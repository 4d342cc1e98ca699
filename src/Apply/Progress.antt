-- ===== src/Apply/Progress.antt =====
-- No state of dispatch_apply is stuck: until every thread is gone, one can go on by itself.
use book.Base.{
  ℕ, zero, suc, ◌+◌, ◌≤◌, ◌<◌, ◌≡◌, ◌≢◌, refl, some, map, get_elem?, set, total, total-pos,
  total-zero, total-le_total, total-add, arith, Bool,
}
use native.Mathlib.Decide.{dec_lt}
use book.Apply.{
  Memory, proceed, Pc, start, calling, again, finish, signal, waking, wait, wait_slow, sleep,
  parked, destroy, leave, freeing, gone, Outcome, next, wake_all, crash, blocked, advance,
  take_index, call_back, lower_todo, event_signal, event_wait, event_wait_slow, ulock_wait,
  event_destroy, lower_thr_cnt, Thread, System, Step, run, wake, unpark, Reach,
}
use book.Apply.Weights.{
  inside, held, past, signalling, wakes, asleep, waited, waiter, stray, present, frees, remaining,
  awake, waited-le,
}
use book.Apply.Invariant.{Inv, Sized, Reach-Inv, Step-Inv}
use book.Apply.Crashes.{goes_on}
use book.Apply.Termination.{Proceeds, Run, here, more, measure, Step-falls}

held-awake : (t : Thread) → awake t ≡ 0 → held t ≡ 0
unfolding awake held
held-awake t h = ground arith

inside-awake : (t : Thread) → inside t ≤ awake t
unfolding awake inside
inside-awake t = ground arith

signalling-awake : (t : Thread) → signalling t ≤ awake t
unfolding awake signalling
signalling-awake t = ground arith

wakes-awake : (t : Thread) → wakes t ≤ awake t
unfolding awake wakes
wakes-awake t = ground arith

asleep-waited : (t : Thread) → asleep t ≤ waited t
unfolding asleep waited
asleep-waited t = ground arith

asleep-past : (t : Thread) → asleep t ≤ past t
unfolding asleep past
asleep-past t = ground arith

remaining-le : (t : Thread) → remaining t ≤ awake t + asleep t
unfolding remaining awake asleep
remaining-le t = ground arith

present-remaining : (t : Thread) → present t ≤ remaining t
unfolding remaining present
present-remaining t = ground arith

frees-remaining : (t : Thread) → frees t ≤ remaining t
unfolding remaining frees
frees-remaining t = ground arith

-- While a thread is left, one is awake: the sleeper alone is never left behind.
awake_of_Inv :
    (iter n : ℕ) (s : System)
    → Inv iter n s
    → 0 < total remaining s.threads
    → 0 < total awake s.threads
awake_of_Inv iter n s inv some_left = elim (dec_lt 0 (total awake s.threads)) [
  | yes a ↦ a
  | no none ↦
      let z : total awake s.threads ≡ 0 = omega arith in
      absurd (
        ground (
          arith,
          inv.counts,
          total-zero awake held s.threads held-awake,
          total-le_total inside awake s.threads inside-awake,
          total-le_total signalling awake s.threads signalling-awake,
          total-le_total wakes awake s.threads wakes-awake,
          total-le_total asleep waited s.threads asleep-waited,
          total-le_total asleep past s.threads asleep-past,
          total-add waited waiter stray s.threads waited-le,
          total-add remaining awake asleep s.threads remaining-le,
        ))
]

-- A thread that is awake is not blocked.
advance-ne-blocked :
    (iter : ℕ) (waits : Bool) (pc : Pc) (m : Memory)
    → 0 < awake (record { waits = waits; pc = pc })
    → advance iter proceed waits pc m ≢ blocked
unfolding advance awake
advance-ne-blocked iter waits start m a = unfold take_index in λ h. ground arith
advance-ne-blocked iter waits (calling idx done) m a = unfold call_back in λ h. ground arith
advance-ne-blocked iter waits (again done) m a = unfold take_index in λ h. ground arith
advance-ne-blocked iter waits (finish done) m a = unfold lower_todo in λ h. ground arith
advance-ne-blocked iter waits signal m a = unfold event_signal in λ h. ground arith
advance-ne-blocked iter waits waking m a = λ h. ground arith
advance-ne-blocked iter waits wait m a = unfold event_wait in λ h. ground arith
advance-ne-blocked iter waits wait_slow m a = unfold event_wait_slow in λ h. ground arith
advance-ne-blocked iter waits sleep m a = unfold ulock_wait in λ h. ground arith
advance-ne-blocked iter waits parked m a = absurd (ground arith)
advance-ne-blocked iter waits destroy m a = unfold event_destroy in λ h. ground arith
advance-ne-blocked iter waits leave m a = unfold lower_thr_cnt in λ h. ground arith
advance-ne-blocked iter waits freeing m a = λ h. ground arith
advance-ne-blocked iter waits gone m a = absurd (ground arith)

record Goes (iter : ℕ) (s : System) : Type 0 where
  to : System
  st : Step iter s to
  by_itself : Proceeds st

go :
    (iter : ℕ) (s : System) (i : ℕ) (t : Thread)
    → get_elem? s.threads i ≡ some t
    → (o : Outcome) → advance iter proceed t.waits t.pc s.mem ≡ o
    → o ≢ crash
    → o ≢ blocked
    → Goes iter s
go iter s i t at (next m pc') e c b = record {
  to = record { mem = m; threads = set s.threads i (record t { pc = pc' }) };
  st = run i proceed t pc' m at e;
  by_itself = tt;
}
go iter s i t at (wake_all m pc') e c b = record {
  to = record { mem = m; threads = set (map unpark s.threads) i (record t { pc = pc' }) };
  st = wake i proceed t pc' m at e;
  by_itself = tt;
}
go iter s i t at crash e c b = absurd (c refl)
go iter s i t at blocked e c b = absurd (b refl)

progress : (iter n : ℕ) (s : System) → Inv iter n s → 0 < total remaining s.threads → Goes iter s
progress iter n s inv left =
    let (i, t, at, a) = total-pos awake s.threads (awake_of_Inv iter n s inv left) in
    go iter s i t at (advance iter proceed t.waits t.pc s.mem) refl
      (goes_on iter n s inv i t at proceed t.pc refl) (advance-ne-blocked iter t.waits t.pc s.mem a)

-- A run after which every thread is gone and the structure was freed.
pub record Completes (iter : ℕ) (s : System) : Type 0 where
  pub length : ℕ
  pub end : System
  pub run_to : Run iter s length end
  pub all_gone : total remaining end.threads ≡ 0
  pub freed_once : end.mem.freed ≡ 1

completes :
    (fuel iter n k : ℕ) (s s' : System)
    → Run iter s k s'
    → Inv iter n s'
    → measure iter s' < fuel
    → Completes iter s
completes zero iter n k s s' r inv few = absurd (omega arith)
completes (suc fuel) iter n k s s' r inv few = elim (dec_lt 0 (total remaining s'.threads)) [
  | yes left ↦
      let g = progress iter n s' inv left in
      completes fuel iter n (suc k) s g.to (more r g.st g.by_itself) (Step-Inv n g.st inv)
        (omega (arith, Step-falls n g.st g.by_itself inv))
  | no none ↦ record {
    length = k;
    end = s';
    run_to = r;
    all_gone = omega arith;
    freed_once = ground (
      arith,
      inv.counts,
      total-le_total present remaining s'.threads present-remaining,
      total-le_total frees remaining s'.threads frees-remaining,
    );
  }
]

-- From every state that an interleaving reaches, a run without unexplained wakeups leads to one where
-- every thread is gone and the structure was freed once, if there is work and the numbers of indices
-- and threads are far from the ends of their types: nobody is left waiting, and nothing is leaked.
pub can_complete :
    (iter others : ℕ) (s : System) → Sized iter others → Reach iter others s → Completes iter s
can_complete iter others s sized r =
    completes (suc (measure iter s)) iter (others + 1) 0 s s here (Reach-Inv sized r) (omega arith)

Task statement :: The assignment is to restate, word for word, each line from the one containing "pub end : System" through the final line of the material above.

Answer section ::
  pub end : System
  pub run_to : Run iter s length end
  pub all_gone : total remaining end.threads ≡ 0
  pub freed_once : end.mem.freed ≡ 1

completes :
    (fuel iter n k : ℕ) (s s' : System)
    → Run iter s k s'
    → Inv iter n s'
    → measure iter s' < fuel
    → Completes iter s
completes zero iter n k s s' r inv few = absurd (omega arith)
completes (suc fuel) iter n k s s' r inv few = elim (dec_lt 0 (total remaining s'.threads)) [
  | yes left ↦
      let g = progress iter n s' inv left in
      completes fuel iter n (suc k) s g.to (more r g.st g.by_itself) (Step-Inv n g.st inv)
        (omega (arith, Step-falls n g.st g.by_itself inv))
  | no none ↦ record {
    length = k;
    end = s';
    run_to = r;
    all_gone = omega arith;
    freed_once = ground (
      arith,
      inv.counts,
      total-le_total present remaining s'.threads present-remaining,
      total-le_total frees remaining s'.threads frees-remaining,
    );
  }
]

-- From every state that an interleaving reaches, a run without unexplained wakeups leads to one where
-- every thread is gone and the structure was freed once, if there is work and the numbers of indices
-- and threads are far from the ends of their types: nobody is left waiting, and nothing is leaked.
pub can_complete :
    (iter others : ℕ) (s : System) → Sized iter others → Reach iter others s → Completes iter s
can_complete iter others s sized r =
    completes (suc (measure iter s)) iter (others + 1) 0 s s here (Reach-Inv sized r) (omega arith)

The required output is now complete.